## [TASK BRIEF]
Where does the word "Counting" show up in the data? Please find each such line and copy it.

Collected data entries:
* * * *

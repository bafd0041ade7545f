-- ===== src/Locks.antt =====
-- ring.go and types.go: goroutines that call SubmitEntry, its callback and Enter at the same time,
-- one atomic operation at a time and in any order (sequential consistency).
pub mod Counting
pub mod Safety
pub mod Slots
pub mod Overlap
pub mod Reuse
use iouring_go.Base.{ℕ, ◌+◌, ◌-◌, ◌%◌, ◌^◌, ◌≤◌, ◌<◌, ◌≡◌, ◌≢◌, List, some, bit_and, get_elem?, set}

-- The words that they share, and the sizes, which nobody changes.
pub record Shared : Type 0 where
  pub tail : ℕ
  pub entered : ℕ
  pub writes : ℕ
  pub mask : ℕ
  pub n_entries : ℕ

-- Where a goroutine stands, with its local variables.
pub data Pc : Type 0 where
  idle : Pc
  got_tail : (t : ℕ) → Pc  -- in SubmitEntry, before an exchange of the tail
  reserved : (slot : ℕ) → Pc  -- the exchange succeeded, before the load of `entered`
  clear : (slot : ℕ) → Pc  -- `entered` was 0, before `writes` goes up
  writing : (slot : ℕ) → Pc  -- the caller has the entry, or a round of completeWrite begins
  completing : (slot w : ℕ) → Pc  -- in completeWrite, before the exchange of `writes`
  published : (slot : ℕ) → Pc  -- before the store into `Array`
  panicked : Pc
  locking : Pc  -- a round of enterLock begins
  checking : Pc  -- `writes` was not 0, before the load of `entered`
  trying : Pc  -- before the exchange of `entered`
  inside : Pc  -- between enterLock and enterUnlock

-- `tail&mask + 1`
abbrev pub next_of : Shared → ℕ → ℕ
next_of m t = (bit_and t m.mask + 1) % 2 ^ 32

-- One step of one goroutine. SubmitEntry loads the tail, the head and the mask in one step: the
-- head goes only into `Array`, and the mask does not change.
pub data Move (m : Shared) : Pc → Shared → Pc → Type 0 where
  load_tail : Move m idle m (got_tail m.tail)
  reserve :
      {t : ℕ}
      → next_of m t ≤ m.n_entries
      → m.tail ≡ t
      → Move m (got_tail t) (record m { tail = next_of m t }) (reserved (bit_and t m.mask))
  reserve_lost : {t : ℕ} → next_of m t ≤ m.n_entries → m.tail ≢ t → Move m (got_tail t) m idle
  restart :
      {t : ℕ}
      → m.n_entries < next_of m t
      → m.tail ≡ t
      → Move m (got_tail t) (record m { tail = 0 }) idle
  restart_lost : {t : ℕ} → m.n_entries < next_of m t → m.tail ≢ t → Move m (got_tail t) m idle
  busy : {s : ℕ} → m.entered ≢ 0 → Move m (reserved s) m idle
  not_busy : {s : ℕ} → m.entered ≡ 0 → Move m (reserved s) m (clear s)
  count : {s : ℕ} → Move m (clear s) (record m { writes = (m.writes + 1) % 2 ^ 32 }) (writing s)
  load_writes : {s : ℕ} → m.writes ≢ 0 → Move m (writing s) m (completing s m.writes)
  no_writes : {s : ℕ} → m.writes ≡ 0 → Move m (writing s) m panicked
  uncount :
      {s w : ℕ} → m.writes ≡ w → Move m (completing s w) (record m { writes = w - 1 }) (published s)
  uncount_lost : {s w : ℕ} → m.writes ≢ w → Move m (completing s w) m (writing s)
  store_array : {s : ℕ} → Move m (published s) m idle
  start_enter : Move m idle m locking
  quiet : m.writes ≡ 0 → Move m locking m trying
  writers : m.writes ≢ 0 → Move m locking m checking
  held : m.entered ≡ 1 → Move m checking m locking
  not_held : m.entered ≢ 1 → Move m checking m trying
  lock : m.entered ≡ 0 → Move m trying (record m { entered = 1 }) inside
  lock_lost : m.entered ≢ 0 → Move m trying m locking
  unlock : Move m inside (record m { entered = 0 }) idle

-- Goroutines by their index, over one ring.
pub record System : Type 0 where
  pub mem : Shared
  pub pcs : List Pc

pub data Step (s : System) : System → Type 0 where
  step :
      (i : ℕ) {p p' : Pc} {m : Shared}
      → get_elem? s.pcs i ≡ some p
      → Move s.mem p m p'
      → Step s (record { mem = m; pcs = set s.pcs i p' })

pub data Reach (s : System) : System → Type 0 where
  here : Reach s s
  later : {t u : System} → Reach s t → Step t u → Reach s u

* * * *

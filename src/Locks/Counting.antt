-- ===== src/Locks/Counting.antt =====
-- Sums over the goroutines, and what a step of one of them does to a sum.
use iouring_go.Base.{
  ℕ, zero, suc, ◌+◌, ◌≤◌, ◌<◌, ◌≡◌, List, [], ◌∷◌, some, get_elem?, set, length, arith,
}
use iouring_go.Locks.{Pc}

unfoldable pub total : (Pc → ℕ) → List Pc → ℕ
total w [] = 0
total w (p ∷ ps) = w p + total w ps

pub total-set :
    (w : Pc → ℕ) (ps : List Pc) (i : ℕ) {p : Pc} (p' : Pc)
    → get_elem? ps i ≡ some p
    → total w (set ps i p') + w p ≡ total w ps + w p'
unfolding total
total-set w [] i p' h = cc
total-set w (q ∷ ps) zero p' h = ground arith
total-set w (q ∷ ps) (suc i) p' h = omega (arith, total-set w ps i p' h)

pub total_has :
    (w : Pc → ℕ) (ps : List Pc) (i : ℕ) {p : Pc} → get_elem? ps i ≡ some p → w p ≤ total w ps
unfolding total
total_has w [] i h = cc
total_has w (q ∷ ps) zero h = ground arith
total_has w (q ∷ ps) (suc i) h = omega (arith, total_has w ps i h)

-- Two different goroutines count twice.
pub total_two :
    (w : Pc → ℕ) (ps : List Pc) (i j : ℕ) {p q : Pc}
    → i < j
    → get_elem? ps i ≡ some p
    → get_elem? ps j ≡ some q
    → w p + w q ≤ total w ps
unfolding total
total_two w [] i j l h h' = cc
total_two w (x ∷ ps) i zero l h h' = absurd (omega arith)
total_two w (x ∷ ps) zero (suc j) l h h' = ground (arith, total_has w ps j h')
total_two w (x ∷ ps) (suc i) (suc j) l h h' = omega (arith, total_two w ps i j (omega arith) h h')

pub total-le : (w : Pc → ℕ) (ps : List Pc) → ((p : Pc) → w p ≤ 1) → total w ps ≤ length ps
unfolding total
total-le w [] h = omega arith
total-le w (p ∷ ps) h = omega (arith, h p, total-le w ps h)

* * * *

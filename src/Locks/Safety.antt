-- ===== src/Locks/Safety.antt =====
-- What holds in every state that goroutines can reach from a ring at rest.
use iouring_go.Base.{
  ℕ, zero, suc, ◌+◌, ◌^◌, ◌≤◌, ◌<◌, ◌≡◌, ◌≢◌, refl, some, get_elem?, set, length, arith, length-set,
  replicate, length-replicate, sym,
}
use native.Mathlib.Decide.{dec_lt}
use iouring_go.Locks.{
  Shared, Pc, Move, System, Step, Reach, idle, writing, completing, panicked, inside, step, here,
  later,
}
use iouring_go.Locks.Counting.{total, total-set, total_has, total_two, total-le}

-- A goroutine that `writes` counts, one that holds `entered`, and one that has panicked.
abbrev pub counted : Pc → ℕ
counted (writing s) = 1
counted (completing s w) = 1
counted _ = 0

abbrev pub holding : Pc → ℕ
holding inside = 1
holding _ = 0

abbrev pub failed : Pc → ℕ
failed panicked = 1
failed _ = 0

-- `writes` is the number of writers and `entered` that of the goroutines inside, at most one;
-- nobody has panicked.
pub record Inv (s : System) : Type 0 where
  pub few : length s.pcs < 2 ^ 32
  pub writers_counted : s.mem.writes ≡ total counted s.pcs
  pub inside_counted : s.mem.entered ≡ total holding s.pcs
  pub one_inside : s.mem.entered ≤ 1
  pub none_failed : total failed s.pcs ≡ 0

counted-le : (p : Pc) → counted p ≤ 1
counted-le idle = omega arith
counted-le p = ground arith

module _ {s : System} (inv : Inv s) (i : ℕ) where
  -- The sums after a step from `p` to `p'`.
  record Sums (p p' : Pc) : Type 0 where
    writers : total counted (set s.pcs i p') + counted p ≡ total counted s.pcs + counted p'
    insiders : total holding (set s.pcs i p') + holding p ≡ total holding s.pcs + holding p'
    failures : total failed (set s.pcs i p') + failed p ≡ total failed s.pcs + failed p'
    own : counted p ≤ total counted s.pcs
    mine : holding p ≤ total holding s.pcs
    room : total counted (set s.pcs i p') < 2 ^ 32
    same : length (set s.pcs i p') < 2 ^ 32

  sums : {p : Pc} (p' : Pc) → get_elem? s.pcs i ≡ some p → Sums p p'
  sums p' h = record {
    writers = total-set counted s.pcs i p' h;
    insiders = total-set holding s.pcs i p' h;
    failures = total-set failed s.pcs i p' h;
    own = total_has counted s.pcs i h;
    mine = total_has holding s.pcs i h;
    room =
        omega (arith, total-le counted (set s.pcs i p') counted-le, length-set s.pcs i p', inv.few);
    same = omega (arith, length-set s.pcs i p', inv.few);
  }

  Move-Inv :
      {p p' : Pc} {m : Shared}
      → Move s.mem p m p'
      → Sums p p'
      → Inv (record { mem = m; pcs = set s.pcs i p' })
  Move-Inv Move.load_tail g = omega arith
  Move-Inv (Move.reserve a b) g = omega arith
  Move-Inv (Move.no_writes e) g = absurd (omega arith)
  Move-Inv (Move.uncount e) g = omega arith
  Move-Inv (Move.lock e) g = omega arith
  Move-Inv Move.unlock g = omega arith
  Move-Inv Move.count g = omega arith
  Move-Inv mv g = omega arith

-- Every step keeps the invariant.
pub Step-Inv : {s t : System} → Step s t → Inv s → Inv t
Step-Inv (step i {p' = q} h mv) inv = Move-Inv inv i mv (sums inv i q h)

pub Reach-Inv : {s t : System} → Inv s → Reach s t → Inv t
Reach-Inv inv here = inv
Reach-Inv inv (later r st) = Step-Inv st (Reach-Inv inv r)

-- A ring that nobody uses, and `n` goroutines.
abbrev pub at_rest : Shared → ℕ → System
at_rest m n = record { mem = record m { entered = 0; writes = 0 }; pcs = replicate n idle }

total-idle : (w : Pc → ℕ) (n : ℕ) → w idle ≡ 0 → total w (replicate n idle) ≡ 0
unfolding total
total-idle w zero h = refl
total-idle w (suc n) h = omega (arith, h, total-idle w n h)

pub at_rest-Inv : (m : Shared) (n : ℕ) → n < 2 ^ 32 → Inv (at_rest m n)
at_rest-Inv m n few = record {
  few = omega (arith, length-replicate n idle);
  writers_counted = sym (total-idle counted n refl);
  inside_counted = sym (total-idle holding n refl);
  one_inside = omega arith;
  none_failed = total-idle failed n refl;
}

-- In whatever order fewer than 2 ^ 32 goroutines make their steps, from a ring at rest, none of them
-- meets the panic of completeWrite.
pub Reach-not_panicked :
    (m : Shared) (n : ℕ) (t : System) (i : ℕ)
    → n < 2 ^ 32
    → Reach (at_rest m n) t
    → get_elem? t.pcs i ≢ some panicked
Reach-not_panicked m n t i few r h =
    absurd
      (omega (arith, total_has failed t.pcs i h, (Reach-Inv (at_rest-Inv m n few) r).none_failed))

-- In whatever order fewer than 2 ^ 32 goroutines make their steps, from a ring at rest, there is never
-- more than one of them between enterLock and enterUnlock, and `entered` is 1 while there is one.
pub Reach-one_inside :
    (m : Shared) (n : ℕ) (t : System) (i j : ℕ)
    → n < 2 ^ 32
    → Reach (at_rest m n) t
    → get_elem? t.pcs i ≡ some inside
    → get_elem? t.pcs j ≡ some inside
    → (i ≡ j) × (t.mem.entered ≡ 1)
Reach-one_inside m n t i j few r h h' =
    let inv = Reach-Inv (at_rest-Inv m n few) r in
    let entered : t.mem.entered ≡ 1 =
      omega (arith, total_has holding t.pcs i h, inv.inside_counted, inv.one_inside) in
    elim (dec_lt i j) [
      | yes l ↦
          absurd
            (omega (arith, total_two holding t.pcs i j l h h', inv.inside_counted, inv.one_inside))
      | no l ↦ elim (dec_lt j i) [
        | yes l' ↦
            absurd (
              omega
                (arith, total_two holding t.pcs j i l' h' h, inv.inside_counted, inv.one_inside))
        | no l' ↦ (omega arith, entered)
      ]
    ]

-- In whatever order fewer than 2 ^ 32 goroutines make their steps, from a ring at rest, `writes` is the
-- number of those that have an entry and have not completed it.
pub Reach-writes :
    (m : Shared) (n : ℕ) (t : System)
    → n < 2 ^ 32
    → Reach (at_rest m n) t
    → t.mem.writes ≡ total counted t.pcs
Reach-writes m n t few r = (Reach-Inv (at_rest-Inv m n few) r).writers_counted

* * * *

## [FINISHED TASK]
pub mod Counting
filename src/Locks/Counting.antt
-- ===== src/Locks/Counting.antt =====
use iouring_go.Locks.Counting.{total, total-set, total_has, total_two, total-le}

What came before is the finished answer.